--- Supplied entries ---

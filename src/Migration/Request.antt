-- ===== src/Migration/Request.antt =====
-- `validate_request` and `_authorized_path` of manager/scan_orchestrator.py.
use pq_migration_gateway.Prelude.{
  ℕ, String, Bool, true, false, not, ◌||◌, List, [], ◌∷◌, map, any, ◌==◌, mem, ltb, length,
  if◌then◌else◌,
}
use pq_migration_gateway.Prelude.Int.{ℤ, pos, leb_ℤ}
use pq_migration_gateway.Prelude.Text.{lower}
use pq_migration_gateway.Result.{Result, ok, err, value_error, require, ◌>>=◌, ◌>>◌}
use pq_migration_gateway.Json.{
  Json, Fields, bool, num, str, arr, obj, array, elements, dict, get, get_or, insert, truthy,
}
use pq_migration_gateway.Store.Inventory.{text}
use pq_migration_gateway.Report.Processes.{Host, int_of}
use pq_migration_gateway.Migration.Service.{as_section}

-- The orchestrator, and the file system: `resolve` is `Path(v).resolve()`, `exists` and `under` are
-- `Path.exists` and `_under`, which `Path.relative_to` decides.
pub record Scanner : Type 0 where
  pub resolve : String → String
  pub exists : String → Bool
  pub under : String → String → Bool
  pub allowed_roots : List String
  pub process_scan_enabled : Bool
  pub ebpf_enabled : Bool

-- `max(1, min(n, most))`
abbrev pub clamp : ℤ → ℤ → ℤ
clamp most n =
    let least = if leb_ℤ n most then n else most in if leb_ℤ least (pos 1) then pos 1 else least

abbrev pub path_list : List String → Json
path_list paths = arr (array (map (λ p. str p) paths))

abbrev is_object : Json → Bool
is_object (obj _) = true
is_object _ = false

-- `if v and not isinstance(v, dict): raise`, and the `dict` whose method is called after that
abbrev pub section_or_raise : String → Json → Result Fields
section_or_raise field v = do
  require (is_object v || not (truthy v)) (value_error field)
  as_section v

-- `str(request.get("cpp_semantic", "auto")).lower()`
abbrev pub cpp_of : Host → Fields → String
cpp_of host request = lower (text host.python_str (get_or "cpp_semantic" (str "auto") request))

-- `normalized`, before eBPF and the limits are written
abbrev pub normalized_request : List String → List String → String → List String → Fields → Fields
normalized_request paths commands cpp traces request =
    insert "ebpf_trace_files" (path_list traces) (
      insert "cpp_semantic" (str cpp) (
        insert "compile_commands" (path_list commands)
          (insert "roots" (path_list paths) (insert "type" (str "enterprise") request))))

module _ (host : Host) (s : Scanner) where
  abbrev pub is_allowed : String → Bool
  is_allowed path = any (s.under path) s.allowed_roots

  -- `_authorized_path`
  unfoldable pub authorized_path : Json → Result String
  authorized_path v = do
    let path = s.resolve (text host.python_str v)
    require (s.exists path) (value_error "scan path does not exist")
    require (is_allowed path) (value_error "scan path is outside PQ_SCAN_ALLOWED_ROOTS")
    ok path

  unfoldable pub authorized_paths : List Json → Result (List String)
  unfolding authorized_path
  authorized_paths [] = ok []
  authorized_paths (v ∷ vs) = do
    path ← authorized_path v
    paths ← authorized_paths vs
    ok (path ∷ paths)

  -- A list of at most 32 entries.
  abbrev pub path_entries : String → Json → Result (List Json)
  path_entries field (arr items) =
      if ltb 32 (length (elements items)) then err (value_error field) else ok (elements items)
  path_entries field _ = err (value_error field)

  -- `int(d.get(key, default))` between 1 and `most`
  unfoldable pub limit : String → ℕ → ℕ → Fields → Result ℤ
  unfolding get_or int_of
  limit key default most fs = do
    n ← int_of host (get_or key (num (pos default)) fs)
    ok (clamp (pos most) n)

  -- `normalized["limits"]`
  unfoldable pub limits_of : Fields → Result Fields
  unfolding limit
  limits_of fs = do
    files ← limit "max_files" 100000 1000000 fs
    texts ← limit "max_text_bytes" 2000000 16000000 fs
    binaries ← limit "max_binary_bytes" 64000000 512000000 fs
    evidence ← limit "max_evidence_per_file" 2000 20000 fs
    ok (
        dict (
          ("max_files", num files)
          ∷ ("max_text_bytes", num texts)
          ∷ ("max_binary_bytes", num binaries)
          ∷ ("max_evidence_per_file", num evidence)
          ∷ []))

  -- `normalized["ebpf"]`, if it is enabled
  unfoldable pub with_ebpf : Fields → Fields → Result Fields
  unfolding get get_or authorized_path int_of limit
  with_ebpf ebpf normalized =
      if truthy (get "enabled" ebpf)
      then (do
        require s.ebpf_enabled (value_error "live eBPF observation is disabled on manager-api")
        pid ← int_of host (get_or "pid" (num (pos 0)) ebpf)
        library ← authorized_path (get_or "library" (str "") ebpf)
        duration ← limit "duration" 5 60 ebpf
        ok (
            insert "ebpf"
              (obj (
                dict (
                  ("enabled", bool true)
                  ∷ ("pid", num pid)
                  ∷ ("library", str library)
                  ∷ ("duration", num duration)
                  ∷ [])))
              normalized))
      else ok normalized

  unfoldable pub validate_request : Fields → Result Fields
  unfolding authorized_paths with_ebpf limits_of get get_or insert lower
  validate_request request = do
    require (text host.python_str (get_or "type" (str "enterprise") request) == "enterprise")
        (value_error "only enterprise scan jobs are supported by this endpoint")
    roots ← path_entries "roots" (get "roots" request)
    require (ltb 0 (length roots)) (value_error "roots")
    paths ← authorized_paths roots
    databases ← path_entries "compile_commands" (get_or "compile_commands" (arr (array [])) request)
    commands ← authorized_paths databases
    require (mem (cpp_of host request) ("auto" ∷ "on" ∷ "off" ∷ [])) (value_error "cpp_semantic")
    entries ← path_entries "ebpf_trace_files" (get_or "ebpf_trace_files" (arr (array [])) request)
    traces ← authorized_paths entries
    require (not (truthy (get "scan_processes" request)) || s.process_scan_enabled)
        (value_error "process scanning is disabled on manager-api")
    ebpf ← section_or_raise "ebpf" (get_or "ebpf" (obj Fields.end) request)
    normalized ←
        with_ebpf ebpf (normalized_request paths commands (cpp_of host request) traces request)
    given ← section_or_raise "limits" (get_or "limits" (obj Fields.end) request)
    limits ← limits_of given
    ok (insert "limits" (obj limits) normalized)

---

• **Exercise directions**
Sift the data above for lines with "Json", then copy each one.

• **Reply**
use pq_migration_gateway.Json.{
  Json, Fields, bool, num, str, arr, obj, array, elements, dict, get, get_or, insert, truthy,
abbrev pub path_list : List String → Json
abbrev is_object : Json → Bool
abbrev pub section_or_raise : String → Json → Result Fields
  unfoldable pub authorized_path : Json → Result String
  unfoldable pub authorized_paths : List Json → Result (List String)
  abbrev pub path_entries : String → Json → Result (List Json)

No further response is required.